- **THE PROBLEM**: From the listing below, pull out the lines that hold "width".

BEGIN DATA FOR REVIEW

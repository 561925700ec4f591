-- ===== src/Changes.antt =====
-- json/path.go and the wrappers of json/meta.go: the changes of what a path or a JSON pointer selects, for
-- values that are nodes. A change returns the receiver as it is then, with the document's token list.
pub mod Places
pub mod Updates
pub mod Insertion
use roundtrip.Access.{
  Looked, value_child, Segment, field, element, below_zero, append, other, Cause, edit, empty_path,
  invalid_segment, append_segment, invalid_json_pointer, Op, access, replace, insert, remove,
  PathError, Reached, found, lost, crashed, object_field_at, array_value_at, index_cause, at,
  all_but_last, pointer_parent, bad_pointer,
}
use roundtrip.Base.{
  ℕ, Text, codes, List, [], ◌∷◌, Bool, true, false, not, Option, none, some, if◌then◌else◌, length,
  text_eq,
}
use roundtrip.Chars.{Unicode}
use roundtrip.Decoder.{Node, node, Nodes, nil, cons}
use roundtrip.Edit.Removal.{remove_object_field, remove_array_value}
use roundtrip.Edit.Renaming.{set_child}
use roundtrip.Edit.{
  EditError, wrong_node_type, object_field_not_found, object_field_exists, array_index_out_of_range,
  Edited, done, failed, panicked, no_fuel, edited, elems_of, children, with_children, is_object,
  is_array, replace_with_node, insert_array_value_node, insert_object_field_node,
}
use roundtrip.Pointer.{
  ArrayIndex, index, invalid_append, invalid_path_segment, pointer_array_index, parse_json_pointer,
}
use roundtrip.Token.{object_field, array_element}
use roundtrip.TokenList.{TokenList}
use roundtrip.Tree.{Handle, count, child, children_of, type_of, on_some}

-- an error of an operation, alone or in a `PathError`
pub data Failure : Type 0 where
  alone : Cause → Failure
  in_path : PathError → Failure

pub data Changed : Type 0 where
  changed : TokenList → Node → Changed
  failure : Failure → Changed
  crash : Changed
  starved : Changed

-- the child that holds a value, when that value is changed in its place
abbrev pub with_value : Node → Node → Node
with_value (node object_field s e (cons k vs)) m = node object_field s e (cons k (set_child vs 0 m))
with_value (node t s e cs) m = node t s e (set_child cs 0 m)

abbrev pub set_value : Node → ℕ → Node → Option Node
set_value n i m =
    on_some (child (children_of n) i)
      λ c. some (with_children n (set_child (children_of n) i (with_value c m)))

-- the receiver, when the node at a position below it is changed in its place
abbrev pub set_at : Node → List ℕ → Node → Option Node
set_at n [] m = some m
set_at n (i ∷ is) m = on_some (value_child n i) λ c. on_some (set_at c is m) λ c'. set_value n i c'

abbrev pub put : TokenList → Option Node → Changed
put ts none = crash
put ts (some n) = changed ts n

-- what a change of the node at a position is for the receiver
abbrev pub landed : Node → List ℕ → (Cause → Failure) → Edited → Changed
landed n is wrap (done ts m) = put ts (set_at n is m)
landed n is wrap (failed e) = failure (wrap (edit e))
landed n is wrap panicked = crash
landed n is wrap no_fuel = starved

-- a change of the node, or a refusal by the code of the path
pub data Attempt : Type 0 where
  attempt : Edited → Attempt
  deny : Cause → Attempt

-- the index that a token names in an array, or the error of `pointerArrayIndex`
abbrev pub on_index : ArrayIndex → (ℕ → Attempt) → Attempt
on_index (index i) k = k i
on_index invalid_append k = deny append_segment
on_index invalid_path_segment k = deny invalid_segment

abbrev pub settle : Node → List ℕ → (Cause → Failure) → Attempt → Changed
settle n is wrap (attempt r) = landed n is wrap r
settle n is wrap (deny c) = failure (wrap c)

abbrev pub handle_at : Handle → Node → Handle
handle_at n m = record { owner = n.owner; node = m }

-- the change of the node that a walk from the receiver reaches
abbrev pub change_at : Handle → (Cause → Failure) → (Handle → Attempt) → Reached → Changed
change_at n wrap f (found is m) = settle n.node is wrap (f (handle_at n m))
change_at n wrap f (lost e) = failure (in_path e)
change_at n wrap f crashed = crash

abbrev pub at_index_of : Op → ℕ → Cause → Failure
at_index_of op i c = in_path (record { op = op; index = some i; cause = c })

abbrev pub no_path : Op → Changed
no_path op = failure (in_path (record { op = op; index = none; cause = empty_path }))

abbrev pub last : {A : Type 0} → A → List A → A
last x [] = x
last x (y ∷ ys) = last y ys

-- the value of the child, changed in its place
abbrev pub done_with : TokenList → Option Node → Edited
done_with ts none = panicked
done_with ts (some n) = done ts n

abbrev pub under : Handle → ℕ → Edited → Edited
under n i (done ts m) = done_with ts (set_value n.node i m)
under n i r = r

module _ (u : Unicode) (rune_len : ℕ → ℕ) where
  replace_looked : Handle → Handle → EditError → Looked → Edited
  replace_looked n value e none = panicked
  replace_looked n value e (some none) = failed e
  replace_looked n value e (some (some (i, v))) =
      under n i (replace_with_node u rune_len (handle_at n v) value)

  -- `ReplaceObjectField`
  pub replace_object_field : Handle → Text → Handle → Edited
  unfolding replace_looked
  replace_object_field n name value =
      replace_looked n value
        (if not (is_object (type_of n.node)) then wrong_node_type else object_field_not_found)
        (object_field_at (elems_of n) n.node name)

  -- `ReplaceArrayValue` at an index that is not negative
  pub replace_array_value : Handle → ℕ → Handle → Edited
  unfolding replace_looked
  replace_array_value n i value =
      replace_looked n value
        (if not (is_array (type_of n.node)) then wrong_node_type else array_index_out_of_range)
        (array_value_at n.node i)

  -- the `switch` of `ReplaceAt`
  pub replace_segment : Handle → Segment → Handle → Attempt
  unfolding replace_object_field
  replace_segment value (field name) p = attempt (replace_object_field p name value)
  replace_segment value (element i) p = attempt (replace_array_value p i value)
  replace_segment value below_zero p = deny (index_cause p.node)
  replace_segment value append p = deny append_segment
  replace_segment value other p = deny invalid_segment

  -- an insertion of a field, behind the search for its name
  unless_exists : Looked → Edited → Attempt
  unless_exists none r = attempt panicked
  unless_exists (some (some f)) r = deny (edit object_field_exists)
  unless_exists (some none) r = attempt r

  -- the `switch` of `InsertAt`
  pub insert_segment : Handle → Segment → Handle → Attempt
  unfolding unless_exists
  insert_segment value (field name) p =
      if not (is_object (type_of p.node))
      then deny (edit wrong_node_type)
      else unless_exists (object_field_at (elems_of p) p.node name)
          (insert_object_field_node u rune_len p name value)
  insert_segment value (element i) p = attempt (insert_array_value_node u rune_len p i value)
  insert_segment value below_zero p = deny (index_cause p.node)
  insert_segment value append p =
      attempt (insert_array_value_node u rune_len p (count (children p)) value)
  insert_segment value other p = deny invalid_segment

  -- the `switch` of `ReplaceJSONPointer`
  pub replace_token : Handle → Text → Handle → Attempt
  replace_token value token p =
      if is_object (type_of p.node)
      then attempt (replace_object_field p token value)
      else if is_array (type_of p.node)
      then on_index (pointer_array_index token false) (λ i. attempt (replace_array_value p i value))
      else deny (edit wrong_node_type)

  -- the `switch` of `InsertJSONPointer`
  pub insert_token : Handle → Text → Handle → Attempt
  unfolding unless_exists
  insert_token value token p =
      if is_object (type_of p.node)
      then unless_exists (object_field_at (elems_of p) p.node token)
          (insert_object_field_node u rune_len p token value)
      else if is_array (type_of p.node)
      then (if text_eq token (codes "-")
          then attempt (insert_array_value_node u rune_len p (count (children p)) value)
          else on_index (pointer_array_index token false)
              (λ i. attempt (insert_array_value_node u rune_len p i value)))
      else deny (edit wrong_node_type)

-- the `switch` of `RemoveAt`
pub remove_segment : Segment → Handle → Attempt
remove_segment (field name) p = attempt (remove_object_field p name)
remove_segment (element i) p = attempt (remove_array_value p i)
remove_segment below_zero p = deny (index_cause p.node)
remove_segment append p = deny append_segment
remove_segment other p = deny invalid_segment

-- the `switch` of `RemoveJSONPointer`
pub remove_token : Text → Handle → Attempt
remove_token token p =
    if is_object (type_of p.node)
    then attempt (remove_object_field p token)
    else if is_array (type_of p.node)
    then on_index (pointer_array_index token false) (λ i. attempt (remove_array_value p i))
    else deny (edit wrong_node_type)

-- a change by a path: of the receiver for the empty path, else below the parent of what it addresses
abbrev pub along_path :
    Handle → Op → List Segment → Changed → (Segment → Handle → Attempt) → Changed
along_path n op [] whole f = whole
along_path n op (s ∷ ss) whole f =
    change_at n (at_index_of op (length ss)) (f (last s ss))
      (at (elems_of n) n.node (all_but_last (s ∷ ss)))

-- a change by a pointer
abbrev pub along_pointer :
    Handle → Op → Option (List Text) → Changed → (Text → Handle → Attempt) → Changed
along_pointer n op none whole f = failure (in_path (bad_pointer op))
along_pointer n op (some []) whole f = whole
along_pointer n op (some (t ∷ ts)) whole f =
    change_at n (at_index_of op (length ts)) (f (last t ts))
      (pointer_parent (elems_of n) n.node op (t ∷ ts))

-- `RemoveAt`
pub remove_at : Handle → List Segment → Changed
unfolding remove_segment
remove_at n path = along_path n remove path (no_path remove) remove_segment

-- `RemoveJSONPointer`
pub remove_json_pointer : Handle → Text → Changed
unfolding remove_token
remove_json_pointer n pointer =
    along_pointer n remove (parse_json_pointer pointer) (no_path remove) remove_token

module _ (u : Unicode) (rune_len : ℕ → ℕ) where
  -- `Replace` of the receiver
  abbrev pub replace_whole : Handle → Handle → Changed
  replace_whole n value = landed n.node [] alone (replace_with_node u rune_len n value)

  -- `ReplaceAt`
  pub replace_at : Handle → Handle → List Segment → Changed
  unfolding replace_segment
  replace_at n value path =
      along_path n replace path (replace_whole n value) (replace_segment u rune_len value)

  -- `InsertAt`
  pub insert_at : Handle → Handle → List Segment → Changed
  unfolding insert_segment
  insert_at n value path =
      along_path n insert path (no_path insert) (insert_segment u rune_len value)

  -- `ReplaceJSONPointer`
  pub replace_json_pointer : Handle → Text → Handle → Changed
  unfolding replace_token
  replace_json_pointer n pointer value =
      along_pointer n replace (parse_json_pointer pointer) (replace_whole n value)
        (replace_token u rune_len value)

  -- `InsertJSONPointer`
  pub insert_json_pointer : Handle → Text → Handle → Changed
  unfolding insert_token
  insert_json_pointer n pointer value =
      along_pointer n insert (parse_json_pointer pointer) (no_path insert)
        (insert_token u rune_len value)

END DATA FOR REVIEW
BEGIN DATA FOR REVIEW

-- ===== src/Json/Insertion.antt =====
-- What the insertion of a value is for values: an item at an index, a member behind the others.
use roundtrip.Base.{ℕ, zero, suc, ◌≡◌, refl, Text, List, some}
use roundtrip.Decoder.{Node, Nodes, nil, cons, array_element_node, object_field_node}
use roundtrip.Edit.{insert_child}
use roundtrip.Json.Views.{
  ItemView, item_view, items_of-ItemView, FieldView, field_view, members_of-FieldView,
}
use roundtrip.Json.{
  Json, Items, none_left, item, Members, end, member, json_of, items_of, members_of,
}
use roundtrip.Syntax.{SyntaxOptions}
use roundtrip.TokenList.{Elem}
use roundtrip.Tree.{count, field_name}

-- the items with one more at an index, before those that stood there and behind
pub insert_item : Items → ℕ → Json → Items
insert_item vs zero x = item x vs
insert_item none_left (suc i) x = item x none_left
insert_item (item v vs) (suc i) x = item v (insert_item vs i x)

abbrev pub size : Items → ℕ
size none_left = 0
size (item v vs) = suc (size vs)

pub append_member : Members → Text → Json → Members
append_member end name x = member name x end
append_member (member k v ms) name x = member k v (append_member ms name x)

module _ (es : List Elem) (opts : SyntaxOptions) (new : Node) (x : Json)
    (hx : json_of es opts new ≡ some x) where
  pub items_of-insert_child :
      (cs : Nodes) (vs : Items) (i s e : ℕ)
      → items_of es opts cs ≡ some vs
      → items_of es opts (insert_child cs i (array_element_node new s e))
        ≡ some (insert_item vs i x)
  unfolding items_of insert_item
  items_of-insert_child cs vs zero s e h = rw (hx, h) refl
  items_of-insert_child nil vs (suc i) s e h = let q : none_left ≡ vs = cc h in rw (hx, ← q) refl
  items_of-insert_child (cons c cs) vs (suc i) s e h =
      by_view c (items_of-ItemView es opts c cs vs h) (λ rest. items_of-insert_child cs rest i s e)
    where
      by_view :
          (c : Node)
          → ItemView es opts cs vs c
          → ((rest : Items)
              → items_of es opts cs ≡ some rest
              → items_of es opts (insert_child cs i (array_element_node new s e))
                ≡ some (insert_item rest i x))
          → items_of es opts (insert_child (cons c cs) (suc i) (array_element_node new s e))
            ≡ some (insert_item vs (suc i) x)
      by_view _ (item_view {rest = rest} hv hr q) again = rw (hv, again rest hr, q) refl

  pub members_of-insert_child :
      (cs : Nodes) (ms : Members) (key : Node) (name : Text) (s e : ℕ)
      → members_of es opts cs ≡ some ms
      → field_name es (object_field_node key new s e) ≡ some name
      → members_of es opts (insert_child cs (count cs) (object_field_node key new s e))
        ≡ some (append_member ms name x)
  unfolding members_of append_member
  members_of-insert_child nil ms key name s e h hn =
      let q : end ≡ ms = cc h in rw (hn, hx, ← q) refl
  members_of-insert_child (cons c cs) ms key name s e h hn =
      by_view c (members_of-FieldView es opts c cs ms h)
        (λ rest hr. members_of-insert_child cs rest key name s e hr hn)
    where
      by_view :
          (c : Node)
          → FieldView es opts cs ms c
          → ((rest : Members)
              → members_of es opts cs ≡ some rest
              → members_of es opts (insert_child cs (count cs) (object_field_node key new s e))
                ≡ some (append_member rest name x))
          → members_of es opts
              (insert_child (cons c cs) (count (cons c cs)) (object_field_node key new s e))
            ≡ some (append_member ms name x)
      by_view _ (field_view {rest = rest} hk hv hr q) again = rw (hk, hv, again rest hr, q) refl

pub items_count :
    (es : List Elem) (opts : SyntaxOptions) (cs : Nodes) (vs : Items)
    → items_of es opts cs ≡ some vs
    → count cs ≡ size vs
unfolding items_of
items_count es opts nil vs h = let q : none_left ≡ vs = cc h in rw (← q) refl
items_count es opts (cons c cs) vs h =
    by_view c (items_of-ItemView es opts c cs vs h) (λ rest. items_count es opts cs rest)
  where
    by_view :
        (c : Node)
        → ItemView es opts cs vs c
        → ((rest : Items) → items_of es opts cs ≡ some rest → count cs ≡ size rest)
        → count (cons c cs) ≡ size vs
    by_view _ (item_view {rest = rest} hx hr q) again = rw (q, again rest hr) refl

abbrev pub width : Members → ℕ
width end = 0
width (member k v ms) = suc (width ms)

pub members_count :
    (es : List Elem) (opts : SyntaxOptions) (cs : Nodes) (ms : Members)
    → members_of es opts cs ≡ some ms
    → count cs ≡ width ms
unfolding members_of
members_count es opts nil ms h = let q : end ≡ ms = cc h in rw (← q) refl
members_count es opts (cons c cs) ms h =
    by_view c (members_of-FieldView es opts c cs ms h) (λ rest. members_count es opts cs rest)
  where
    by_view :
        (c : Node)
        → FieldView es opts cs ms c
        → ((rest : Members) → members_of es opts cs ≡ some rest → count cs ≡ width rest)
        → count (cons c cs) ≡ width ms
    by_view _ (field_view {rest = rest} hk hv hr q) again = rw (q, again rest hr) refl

END DATA FOR REVIEW

- **ANSWER TO THIS PROBLEM**:
abbrev pub width : Members → ℕ
width end = 0
width (member k v ms) = suc (width ms)
    → count cs ≡ width ms
        → ((rest : Members) → members_of es opts cs ≡ some rest → count cs ≡ width rest)
        → count (cons c cs) ≡ width ms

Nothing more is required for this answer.